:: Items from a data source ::
^^^^^^^^

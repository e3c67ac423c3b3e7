-- ===== src/Ipc/Server/Sessions.antt =====
-- The array of handles as a list: the port, and the sessions in the order in which they came.
use rcu.Base.{
  ℕ, zero, suc, ◌+◌, ◌-◌, ◌≤◌, ◌<◌, ◌≡◌, inl, inr, refl, sym, ap, ◌∙◌, Bool, true, false, ◌||◌,
  List, [], ◌∷◌, ◌++◌, arith, ltb, leb, ◌==◌, if◌then◌else◌, length, take, drop, Bool-cases, leb→le,
  leb-false,
}
use rcu.Ipc.Server.{Server, add_session, shift_down, delete_session}

abbrev pub listing : ℕ → (ℕ → ℕ) → List ℕ
listing zero f = []
listing (suc n) f = f 0 ∷ listing n (λ i. f (suc i))

-- The open handles: the abstract view of a server.
abbrev pub open_handles : Server → List ℕ
open_handles s = listing s.count s.handles

abbrev pub remove_at : ℕ → List ℕ → List ℕ
remove_at i [] = []
remove_at zero (x ∷ xs) = xs
remove_at (suc i) (x ∷ xs) = x ∷ remove_at i xs

-- What the loop of `_ipcServerDeleteSession` leaves at each place.
pub shift_down_lem :
    (n j : ℕ) (f : ℕ → ℕ) (i : ℕ)
    → shift_down n j f i ≡ (if ltb i j then f i else if ltb i (j + n) then f (i + 1) else f i)
shift_down_lem zero j f i = ground arith
shift_down_lem (suc n) j f i =
    shift_down_lem n (j + 1) (λ k. if k == j then f (j + 1) else f k) i ∙ ground arith

listing-ext : (n : ℕ) (f g : ℕ → ℕ) → ((i : ℕ) → i < n → f i ≡ g i) → listing n f ≡ listing n g
listing-ext zero f g h = refl
listing-ext (suc n) f g h = cc (
  h 0 (omega arith),
  listing-ext n (λ i. f (suc i)) (λ i. g (suc i)) (λ i lt. h (suc i) (omega arith)),
)

listing-snoc : (n : ℕ) (f : ℕ → ℕ) → listing (suc n) f ≡ listing n f ++ (f n ∷ [])
listing-snoc zero f = refl
listing-snoc (suc n) f = ap (λ xs. f 0 ∷ xs) (listing-snoc n (λ i. f (suc i)))

abbrev skip : ℕ → (ℕ → ℕ) → ℕ → ℕ
skip i f k = if ltb k i then f k else f (suc k)

abbrev skipped : ℕ → (ℕ → ℕ) → ℕ → ℕ
skipped i f zero = f 0
skipped i f (suc k) = skip i (λ j. f (suc j)) k

skip-suc : (i : ℕ) (f : ℕ → ℕ) (k : ℕ) → skip (suc i) f k ≡ skipped i f k
skip-suc i f zero = ground arith
skip-suc i f (suc k) = ground arith

listing-skip :
    (i n : ℕ) (f : ℕ → ℕ) → i ≤ n → listing n (skip i f) ≡ remove_at i (listing (suc n) f)
listing-skip zero n f h = listing-ext n (skip 0 f) (λ k. f (suc k)) (λ k lt. ground arith)
listing-skip (suc i) zero f h = absurd (omega arith)
listing-skip (suc i) (suc n) f h =
    listing-ext (suc n) (skip (suc i) f) (skipped i f) (λ k lt. skip-suc i f k)
    ∙ ap (λ xs. f 0 ∷ xs) (listing-skip i n (λ k. f (suc k)) (omega arith))

-- The two operations on the array.
listing-put :
    (n h : ℕ) (f : ℕ → ℕ)
    → listing (n + 1) (λ j. if j == n then h else f j) ≡ listing n f ++ (h ∷ [])
listing-put n h f =
    ap (λ (k : ℕ). listing k (λ j. if j == n then h else f j)) (one_more n)
    ∙ listing-snoc n (λ j. if j == n then h else f j)
    ∙ cc (listing-ext n (λ j. if j == n then h else f j) f (λ i lt. ground arith), here)
  where
    one_more : (n : ℕ) → n + 1 ≡ suc n
    one_more n = omega arith

    here : (if n == n then h else f n) ≡ h
    here = ground arith

listing-shift :
    (n i : ℕ) (f : ℕ → ℕ)
    → i < n
    → listing (n - 1) (shift_down (n - 1 - i) i f) ≡ remove_at i (listing n f)
listing-shift n i f h =
    listing-ext (n - 1) (shift_down (n - 1 - i) i f) (skip i f)
      (λ k lt. ground (arith, shift_down_lem (n - 1 - i) i f k))
    ∙ listing-skip i (n - 1) f (omega arith)
    ∙ ap (λ (k : ℕ). remove_at i (listing k f)) (again n i h)
  where
    again : (n i : ℕ) → i < n → suc (n - 1) ≡ n
    again n i h = omega arith

length-listing : (n : ℕ) (f : ℕ → ℕ) → length (listing n f) ≡ n
length-listing zero f = refl
length-listing (suc n) f = omega (arith, length-listing n (λ i. f (suc i)))

remove_at-end : (i n : ℕ) (f : ℕ → ℕ) → n ≤ i → remove_at i (listing n f) ≡ listing n f
remove_at-end i zero f h = refl
remove_at-end zero (suc n) f h = absurd (omega arith)
remove_at-end (suc i) (suc n) f h =
    ap (λ xs. f 0 ∷ xs) (remove_at-end i n (λ k. f (suc k)) (omega arith))

take-drop-listing : (i n : ℕ) (f : ℕ → ℕ) → i < n → take 1 (drop i (listing n f)) ≡ f i ∷ []
take-drop-listing i zero f h = absurd (omega arith)
take-drop-listing zero (suc n) f h = refl
take-drop-listing (suc i) (suc n) f h = take-drop-listing i n (λ k. f (suc k)) (omega arith)

drop-listing : (i n : ℕ) (f : ℕ → ℕ) → n ≤ i → drop i (listing n f) ≡ []
drop-listing zero zero f h = refl
drop-listing (suc i) zero f h = refl
drop-listing zero (suc n) f h = absurd (omega arith)
drop-listing (suc i) (suc n) f h = drop-listing i n (λ k. f (suc k)) (omega arith)

-- The operations on the list of open handles: a session is appended if there is room; the port is
-- never taken out.
abbrev pub accept : ℕ → ℕ → List ℕ → List ℕ
accept places session hs = if ltb (length hs) places then hs ++ (session ∷ []) else hs

abbrev pub leave : ℕ → List ℕ → List ℕ
leave zero hs = hs
leave (suc i) hs = remove_at (suc i) hs

abbrev pub leaving : ℕ → List ℕ → List ℕ
leaving zero hs = []
leaving (suc i) hs = take 1 (drop (suc i) hs)

add_session-open :
    (s : Server) (session : ℕ)
    → open_handles (add_session session s).1 ≡ accept s.max session (open_handles s)
unfolding add_session
add_session-open s session = elim (Bool-cases (leb s.max s.count)) [
  | inl e ↦ rw (e, shut e) refl
  | inr e ↦ rw (e, has_room e) (listing-put s.count session s.handles)
]
  where
    shut : leb s.max s.count ≡ true → ltb (length (open_handles s)) s.max ≡ false
    shut e = ground (arith, length-listing s.count s.handles, leb→le s.max s.count e)

    has_room : leb s.max s.count ≡ false → ltb (length (open_handles s)) s.max ≡ true
    has_room e = ground (arith, length-listing s.count s.handles, leb-false s.max s.count e)

delete_session-open :
    (s : Server) (index : ℕ)
    → (open_handles (delete_session index s).1 ≡ leave index (open_handles s))
      × ((delete_session index s).1.closed ≡ leaving index (open_handles s) ++ s.closed)
unfolding delete_session
delete_session-open s zero = (refl, refl)
delete_session-open s (suc i) = elim (Bool-cases (leb s.count (suc i))) [
  | inl e ↦ rw (same e) (
    sym (remove_at-end (suc i) s.count s.handles (leb→le s.count (suc i) e)),
    rw (drop-listing (suc i) s.count s.handles (leb→le s.count (suc i) e)) refl,
  )
  | inr e ↦ rw (same e) (
    listing-shift s.count (suc i) s.handles (leb-false s.count (suc i) e),
    rw (take-drop-listing (suc i) s.count s.handles (leb-false s.count (suc i) e)) refl,
  )
]
  where
    same : {b : Bool} → leb s.count (suc i) ≡ b → suc i == 0 || leb s.count (suc i) ≡ b
    same e = ground (arith, e)

-- `_ipcServerAddSession` and `_ipcServerDeleteSession` do to the open handles what `accept` and `leave`
-- say: a session is appended if there is room; the one at the index is taken out, and closed, with the
-- order of the others kept; the port at index 0 and an index that is not in use change nothing.
pub sessions_refine :
    (s : Server) (session index : ℕ)
    → (open_handles (add_session session s).1 ≡ accept s.max session (open_handles s))
      × (open_handles (delete_session index s).1 ≡ leave index (open_handles s))
      × ((delete_session index s).1.closed ≡ leaving index (open_handles s) ++ s.closed)
sessions_refine s session index =
    let (left, closed) = delete_session-open s index in (add_session-open s session, left, closed)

^^^^^^^^

:: Try it ::
Your answer should consist of all lines above that include the string "taken".

:: Your solution ::
-- never taken out.
-- say: a session is appended if there is room; the one at the index is taken out, and closed, with the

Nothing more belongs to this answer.